Work instruction →
Your job with the data below: print everything from the line that holds "bits) ≡ true" down to the line that holds "room = λ k lt.", ends included, exactly, and nothing else.
Start of Block
-- ===== src/EthRxDpll/Tests.antt =====
-- Runs of the decoder of src/eth_rx_dpll.rs: a line that carries three bytes, with a clock that drifts.
use pico_10base_t_rs.Prelude.{
  ℕ, suc, ◌+◌, ◌-◌, ◌*◌, ◌<◌, ◌≡◌, refl, ◌⊎◌, Bool, true, not, ◌&&◌, ◌||◌, some, List, [], ◌∷◌, leb,
  ltb, ◌==◌, arith, length, get_or, all_bytes-AreBytes, all_below, all_below_lem,
}
use pico_10base_t_rs.Prelude.Checked.{ok}
use pico_10base_t_rs.EthRx.Peek.{
  sample_bit, find_first_falling_edge, find_sfd_end, falling_loop, sfd_loop, data_bit,
}
use pico_10base_t_rs.EthRxDpll.{decode_frame_edge_track}
use pico_10base_t_rs.EthRxDpll.Reference.{first_edge, edge_near, decode_reference}
use pico_10base_t_rs.EthRxDpll.Line.{IsTracked, IsEarly, IsLate}
use pico_10base_t_rs.EthRxDpll.Cap.{frame_cap}
use pico_10base_t_rs.EthRxDpll.Prefix.{Extends}
use pico_10base_t_rs.EthRxDpll.Equivalence.{decode_frame_edge_track-reference}
use pico_10base_t_rs.EthRxDpll.Decode.{decode_frame_edge_track-tracked}

abbrev line : List ℕ
line =
    0 ∷ 14 ∷ 252 ∷ 192 ∷ 15 ∷ 252 ∷ 192 ∷ 15 ∷ 252 ∷ 192 ∷ 15 ∷ 252 ∷ 192 ∷ 15 ∷ 252 ∷ 192 ∷ 15
    ∷ 252 ∷ 192 ∷ 15 ∷ 252 ∷ 192 ∷ 15 ∷ 252 ∷ 192 ∷ 15 ∷ 252 ∷ 192 ∷ 15 ∷ 252 ∷ 192 ∷ 15 ∷ 252 ∷ 192
    ∷ 15 ∷ 252 ∷ 192 ∷ 15 ∷ 252 ∷ 192 ∷ 15 ∷ 252 ∷ 192 ∷ 15 ∷ 252 ∷ 192 ∷ 15 ∷ 252 ∷ 56 ∷ 142 ∷ 7
    ∷ 198 ∷ 241 ∷ 3 ∷ 126 ∷ 142 ∷ 227 ∷ 241 ∷ 192 ∷ 24 ∷ 199 ∷ 113 ∷ 248 ∷ 113 ∷ 14 ∷ 252 ∷ 129 ∷ 3
    ∷ 0 ∷ []

abbrev sent : List ℕ
sent = 0xA3 ∷ 0x0F ∷ 0x5C ∷ []

abbrev sent_edges : List ℕ
sent_edges =
    396 ∷ 403 ∷ 409 ∷ 414 ∷ 420 ∷ 426 ∷ 433 ∷ 439 ∷ 444 ∷ 450 ∷ 457 ∷ 464 ∷ 470 ∷ 475 ∷ 480 ∷ 486
    ∷ 492 ∷ 499 ∷ 505 ∷ 511 ∷ 516 ∷ 522 ∷ 529 ∷ 535 ∷ []

abbrev edge_at : ℕ → ℕ
edge_at k = get_or sent_edges k 0

-- The conditions of IsTracked at a bit, as tests.
abbrev bit_test : List ℕ → (ℕ → ℕ) → (ℕ → ℕ) → ℕ → Bool
bit_test buf edges bits k =
    sample_bit buf (edges k - 1) == bits k
    && (not (sample_bit buf (edges k) == bits k)
        && (leb 1 (edges k) && leb (edges k) (8 * length buf)))

abbrev step_test : List ℕ → ℕ → ℕ → Bool
step_test buf from to =
    ltb (from + 7) (8 * length buf)
    && (to == from + 6
        || (to == from + 5 && sample_bit buf to == sample_bit buf (to + 1)
            || to == from + 7
              && (sample_bit buf (to - 3) == sample_bit buf (to - 2)
                  && sample_bit buf (to - 2) == sample_bit buf (to - 1))))

step_test_lem :
    (buf : List ℕ) (from to : ℕ)
    → step_test buf from to ≡ true
    → (from + 7 < 8 * length buf) × ((to ≡ from + 6) ⊎ IsEarly buf from to ⊎ IsLate buf from to)
step_test_lem buf from to h = ground arith

bits_test-IsTracked :
    (buf : List ℕ) (edges bits : ℕ → ℕ) (n : ℕ)
    → all_below n (bit_test buf edges bits) ≡ true
    → all_below (n - 1) (λ k. step_test buf (edges k) (edges (suc k))) ≡ true
    → IsTracked buf edges bits n
bits_test-IsTracked buf edges bits n h h' =
    let at = λ (k : ℕ). all_below_lem n (bit_test buf edges bits) k h in
    let next =
      λ (k : ℕ). all_below_lem (n - 1) (λ k. step_test buf (edges k) (edges (suc k))) k h' in
    record {
      bit = λ k lt. let t = at k lt in ground arith;
      flip = λ k lt e. let t = at k lt in ground arith;
      inside = λ k lt. let t = at k lt in ground arith;
      room = λ k lt. (step_test_lem buf (edges k) (edges (suc k)) (next k (omega arith))).0;
      step = λ k lt. (step_test_lem buf (edges k) (edges (suc k)) (next k (omega arith))).1;
    }

line-IsTracked : IsTracked line edge_at (sample_bit sent) 24
unfolding sample_bit all_below
line-IsTracked = bits_test-IsTracked line edge_at (sample_bit sent) 24 refl refl

decode_frame_edge_track-reference_example :
    decode_frame_edge_track line ≡ ok (decode_reference line)
decode_frame_edge_track-reference_example =
    decode_frame_edge_track-reference line (all_bytes-AreBytes line refl) (omega arith)
      (omega arith)

decode_frame_edge_track-tracked_example :
    (out : List ℕ) × (decode_frame_edge_track line ≡ ok (some out))
    × Extends sent out
    × (frame_cap sent ≡ length sent → out ≡ sent)
unfolding find_first_falling_edge find_sfd_end first_edge edge_near falling_loop sfd_loop data_bit
    sample_bit
decode_frame_edge_track-tracked_example =
    decode_frame_edge_track-tracked line 12 62 edge_at sent (all_bytes-AreBytes line refl)
      (omega arith) (omega arith) refl refl refl line-IsTracked (all_bytes-AreBytes sent refl)
      (omega arith) (omega arith)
End of Block
Solution →
    → all_below n (bit_test buf edges bits) ≡ true
    → all_below (n - 1) (λ k. step_test buf (edges k) (edges (suc k))) ≡ true
    → IsTracked buf edges bits n
bits_test-IsTracked buf edges bits n h h' =
    let at = λ (k : ℕ). all_below_lem n (bit_test buf edges bits) k h in
    let next =
      λ (k : ℕ). all_below_lem (n - 1) (λ k. step_test buf (edges k) (edges (suc k))) k h' in
    record {
      bit = λ k lt. let t = at k lt in ground arith;
      flip = λ k lt e. let t = at k lt in ground arith;
      inside = λ k lt. let t = at k lt in ground arith;
      room = λ k lt. (step_test_lem buf (edges k) (edges (suc k)) (next k (omega arith))).0;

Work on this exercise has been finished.